EXERCISE
Lines that contain "later" are to be copied from the material, every one of them.

DATASET CONTENT
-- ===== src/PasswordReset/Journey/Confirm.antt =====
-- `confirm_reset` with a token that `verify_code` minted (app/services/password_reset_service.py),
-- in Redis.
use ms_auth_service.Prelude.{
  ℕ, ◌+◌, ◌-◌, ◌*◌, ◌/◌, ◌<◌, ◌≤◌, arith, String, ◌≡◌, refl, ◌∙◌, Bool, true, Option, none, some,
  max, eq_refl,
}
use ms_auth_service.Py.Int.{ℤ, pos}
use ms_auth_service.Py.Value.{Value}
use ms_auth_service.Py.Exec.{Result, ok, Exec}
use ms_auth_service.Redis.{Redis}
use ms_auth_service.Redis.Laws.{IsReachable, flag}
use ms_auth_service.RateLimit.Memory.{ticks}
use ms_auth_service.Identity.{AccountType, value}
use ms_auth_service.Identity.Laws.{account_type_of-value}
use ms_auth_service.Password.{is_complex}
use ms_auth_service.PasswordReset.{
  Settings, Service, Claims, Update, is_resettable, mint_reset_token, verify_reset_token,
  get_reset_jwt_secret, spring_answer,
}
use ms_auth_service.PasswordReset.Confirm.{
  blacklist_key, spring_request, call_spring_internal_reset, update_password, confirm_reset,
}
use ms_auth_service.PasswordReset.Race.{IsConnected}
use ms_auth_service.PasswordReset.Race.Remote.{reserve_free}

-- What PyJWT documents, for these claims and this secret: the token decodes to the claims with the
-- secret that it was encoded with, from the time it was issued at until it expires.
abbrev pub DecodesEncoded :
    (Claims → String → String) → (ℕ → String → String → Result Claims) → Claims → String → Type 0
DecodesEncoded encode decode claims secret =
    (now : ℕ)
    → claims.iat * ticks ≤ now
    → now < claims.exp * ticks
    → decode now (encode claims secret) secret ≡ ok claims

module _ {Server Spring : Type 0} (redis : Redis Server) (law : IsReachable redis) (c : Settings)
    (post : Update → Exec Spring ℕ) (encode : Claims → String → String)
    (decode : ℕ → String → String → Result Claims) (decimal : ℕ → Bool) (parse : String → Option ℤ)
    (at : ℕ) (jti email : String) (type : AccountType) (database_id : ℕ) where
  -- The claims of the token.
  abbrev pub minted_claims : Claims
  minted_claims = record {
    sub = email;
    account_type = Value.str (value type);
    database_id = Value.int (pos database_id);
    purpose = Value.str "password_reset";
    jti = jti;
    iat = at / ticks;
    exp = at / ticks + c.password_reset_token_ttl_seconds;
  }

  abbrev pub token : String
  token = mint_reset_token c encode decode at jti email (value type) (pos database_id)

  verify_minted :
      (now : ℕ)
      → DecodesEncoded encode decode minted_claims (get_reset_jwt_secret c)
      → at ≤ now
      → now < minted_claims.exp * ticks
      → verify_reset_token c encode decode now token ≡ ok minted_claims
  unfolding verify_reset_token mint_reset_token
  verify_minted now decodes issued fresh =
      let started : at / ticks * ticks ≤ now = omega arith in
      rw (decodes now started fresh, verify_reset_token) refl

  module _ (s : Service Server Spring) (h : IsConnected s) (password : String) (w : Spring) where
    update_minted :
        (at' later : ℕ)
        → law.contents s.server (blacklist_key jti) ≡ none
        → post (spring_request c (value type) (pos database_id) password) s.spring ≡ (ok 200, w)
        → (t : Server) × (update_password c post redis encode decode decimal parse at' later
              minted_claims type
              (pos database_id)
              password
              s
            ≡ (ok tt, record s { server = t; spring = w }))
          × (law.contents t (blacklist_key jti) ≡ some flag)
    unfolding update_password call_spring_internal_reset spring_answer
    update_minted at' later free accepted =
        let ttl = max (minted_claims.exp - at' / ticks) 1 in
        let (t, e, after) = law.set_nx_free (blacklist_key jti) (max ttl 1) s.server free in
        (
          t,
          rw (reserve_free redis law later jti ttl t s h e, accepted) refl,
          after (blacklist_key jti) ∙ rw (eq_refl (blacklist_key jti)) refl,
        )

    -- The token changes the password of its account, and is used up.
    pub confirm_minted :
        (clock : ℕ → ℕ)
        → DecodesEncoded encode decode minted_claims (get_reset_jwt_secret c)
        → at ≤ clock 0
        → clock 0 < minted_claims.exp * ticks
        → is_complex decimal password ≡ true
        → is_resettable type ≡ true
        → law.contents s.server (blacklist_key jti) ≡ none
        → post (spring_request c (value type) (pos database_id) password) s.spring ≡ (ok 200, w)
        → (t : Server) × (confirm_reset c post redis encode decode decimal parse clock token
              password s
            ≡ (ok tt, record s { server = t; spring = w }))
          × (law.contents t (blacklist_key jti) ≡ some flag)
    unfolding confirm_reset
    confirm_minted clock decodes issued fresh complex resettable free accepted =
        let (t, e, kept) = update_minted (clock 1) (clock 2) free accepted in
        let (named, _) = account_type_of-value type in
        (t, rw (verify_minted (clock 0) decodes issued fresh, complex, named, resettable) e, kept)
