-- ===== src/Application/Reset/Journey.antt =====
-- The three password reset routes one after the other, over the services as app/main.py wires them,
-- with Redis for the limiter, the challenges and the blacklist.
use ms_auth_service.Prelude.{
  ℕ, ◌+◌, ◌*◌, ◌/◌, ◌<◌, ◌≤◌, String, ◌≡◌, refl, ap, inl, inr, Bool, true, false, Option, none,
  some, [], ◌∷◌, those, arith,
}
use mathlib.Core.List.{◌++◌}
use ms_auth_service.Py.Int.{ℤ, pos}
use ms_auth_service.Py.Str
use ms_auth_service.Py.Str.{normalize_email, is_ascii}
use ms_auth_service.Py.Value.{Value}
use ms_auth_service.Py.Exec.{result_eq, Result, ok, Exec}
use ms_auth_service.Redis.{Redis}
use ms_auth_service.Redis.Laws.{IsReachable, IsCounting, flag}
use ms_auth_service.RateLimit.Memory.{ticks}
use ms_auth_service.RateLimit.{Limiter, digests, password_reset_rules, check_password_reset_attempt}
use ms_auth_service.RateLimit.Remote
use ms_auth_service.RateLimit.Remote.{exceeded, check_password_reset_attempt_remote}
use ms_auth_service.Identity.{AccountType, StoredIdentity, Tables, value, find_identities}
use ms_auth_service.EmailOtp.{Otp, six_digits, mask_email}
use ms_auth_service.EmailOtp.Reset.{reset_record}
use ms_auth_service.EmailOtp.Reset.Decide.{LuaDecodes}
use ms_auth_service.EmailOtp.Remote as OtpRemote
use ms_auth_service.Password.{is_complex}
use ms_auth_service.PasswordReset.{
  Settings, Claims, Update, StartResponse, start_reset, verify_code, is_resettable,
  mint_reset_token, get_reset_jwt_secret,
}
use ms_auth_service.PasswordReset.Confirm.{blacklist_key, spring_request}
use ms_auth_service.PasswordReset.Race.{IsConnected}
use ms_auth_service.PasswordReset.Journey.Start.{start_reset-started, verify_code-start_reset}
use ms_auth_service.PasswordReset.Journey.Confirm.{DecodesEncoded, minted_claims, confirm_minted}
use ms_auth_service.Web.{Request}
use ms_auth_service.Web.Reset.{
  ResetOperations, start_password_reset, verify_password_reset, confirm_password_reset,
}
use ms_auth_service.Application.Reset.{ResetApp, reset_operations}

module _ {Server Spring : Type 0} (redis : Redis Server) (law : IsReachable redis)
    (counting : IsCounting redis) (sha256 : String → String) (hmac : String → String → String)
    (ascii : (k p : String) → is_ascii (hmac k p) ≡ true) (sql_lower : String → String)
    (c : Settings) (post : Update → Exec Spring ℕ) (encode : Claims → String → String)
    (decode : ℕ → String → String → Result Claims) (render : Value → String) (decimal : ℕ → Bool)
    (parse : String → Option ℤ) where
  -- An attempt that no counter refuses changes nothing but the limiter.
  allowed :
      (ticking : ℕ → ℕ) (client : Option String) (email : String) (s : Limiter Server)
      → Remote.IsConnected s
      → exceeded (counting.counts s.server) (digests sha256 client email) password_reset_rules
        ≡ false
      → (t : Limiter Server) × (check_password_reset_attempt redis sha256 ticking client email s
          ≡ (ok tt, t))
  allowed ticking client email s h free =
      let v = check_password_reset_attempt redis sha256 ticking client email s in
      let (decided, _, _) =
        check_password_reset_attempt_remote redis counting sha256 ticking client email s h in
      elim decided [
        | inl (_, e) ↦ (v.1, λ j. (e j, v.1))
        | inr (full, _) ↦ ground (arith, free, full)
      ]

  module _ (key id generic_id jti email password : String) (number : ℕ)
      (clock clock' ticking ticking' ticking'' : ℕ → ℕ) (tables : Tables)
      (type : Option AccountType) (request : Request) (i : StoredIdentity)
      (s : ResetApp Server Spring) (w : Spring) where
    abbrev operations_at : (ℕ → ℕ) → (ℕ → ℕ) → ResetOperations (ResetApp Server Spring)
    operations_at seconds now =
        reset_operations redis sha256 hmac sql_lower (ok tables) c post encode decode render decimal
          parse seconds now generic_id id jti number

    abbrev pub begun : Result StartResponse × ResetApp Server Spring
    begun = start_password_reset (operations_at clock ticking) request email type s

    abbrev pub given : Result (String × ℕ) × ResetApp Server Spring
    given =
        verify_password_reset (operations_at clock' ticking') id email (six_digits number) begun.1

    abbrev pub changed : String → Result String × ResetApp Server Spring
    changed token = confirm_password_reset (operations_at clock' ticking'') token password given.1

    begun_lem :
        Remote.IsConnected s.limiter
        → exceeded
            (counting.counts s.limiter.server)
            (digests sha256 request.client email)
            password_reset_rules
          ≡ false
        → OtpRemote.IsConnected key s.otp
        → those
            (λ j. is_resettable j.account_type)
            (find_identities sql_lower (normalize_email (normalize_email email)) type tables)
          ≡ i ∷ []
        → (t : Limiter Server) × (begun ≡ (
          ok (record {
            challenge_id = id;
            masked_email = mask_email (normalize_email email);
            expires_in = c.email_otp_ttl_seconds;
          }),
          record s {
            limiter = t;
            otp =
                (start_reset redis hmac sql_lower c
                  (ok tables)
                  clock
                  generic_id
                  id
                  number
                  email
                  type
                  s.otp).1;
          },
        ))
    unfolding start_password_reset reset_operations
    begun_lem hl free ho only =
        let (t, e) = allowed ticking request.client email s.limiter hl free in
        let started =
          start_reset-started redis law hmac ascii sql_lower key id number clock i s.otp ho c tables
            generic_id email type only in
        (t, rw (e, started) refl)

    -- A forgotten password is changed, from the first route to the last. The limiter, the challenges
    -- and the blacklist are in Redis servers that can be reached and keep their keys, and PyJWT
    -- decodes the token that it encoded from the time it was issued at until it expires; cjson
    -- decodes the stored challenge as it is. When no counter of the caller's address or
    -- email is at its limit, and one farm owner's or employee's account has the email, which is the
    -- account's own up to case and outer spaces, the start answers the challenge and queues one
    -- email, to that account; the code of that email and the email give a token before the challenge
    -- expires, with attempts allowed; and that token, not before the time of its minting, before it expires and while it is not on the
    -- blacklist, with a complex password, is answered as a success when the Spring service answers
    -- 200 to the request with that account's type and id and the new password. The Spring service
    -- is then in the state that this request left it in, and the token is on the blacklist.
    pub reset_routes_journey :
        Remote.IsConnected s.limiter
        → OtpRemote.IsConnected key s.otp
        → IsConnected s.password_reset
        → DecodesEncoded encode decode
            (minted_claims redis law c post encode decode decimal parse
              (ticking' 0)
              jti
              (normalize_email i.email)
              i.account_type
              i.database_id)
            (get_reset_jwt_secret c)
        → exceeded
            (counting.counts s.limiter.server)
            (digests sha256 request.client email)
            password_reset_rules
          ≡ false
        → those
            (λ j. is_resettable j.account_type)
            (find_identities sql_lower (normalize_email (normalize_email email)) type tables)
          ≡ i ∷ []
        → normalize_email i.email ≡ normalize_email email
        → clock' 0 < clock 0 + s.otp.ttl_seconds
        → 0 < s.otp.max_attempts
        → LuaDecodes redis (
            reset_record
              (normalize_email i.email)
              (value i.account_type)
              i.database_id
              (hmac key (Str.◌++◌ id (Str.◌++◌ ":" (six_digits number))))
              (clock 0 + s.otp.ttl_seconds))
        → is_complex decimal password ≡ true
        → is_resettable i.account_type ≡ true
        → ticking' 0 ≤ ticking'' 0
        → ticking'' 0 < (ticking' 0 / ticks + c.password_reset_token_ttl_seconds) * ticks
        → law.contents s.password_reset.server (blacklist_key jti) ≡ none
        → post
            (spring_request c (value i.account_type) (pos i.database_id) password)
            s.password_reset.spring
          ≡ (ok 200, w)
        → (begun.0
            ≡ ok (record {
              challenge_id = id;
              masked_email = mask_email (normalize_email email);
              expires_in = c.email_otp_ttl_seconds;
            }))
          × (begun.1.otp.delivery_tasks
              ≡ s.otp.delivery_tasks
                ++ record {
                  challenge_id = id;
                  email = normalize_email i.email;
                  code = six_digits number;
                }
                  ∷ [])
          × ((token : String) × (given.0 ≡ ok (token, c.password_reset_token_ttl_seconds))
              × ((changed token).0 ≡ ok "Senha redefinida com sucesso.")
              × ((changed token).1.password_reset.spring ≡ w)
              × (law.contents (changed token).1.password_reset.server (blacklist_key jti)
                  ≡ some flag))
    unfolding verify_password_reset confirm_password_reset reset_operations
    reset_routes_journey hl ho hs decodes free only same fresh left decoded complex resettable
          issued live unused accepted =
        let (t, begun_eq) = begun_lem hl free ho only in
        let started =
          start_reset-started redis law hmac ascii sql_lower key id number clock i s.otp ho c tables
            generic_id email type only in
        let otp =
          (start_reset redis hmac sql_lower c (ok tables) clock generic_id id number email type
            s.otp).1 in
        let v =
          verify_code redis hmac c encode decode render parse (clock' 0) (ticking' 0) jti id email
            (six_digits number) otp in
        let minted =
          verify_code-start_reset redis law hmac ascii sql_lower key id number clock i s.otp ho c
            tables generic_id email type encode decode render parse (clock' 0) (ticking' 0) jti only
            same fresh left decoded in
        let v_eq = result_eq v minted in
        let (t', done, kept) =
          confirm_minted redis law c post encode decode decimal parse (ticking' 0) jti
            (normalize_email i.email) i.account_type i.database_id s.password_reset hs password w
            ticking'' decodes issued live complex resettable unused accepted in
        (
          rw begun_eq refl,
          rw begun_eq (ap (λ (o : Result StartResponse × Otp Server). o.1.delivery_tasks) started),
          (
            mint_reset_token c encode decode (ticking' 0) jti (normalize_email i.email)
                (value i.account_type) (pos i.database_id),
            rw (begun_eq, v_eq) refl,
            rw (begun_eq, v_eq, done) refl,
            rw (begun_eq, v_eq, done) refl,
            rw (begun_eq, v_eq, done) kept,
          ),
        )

SOLUTION TO THIS EXERCISE
        (at' later : ℕ)
        → (t : Server) × (update_password c post redis encode decode decimal parse at' later
    update_minted at' later free accepted =
          rw (reserve_free redis law later jti ttl t s h e, accepted) refl,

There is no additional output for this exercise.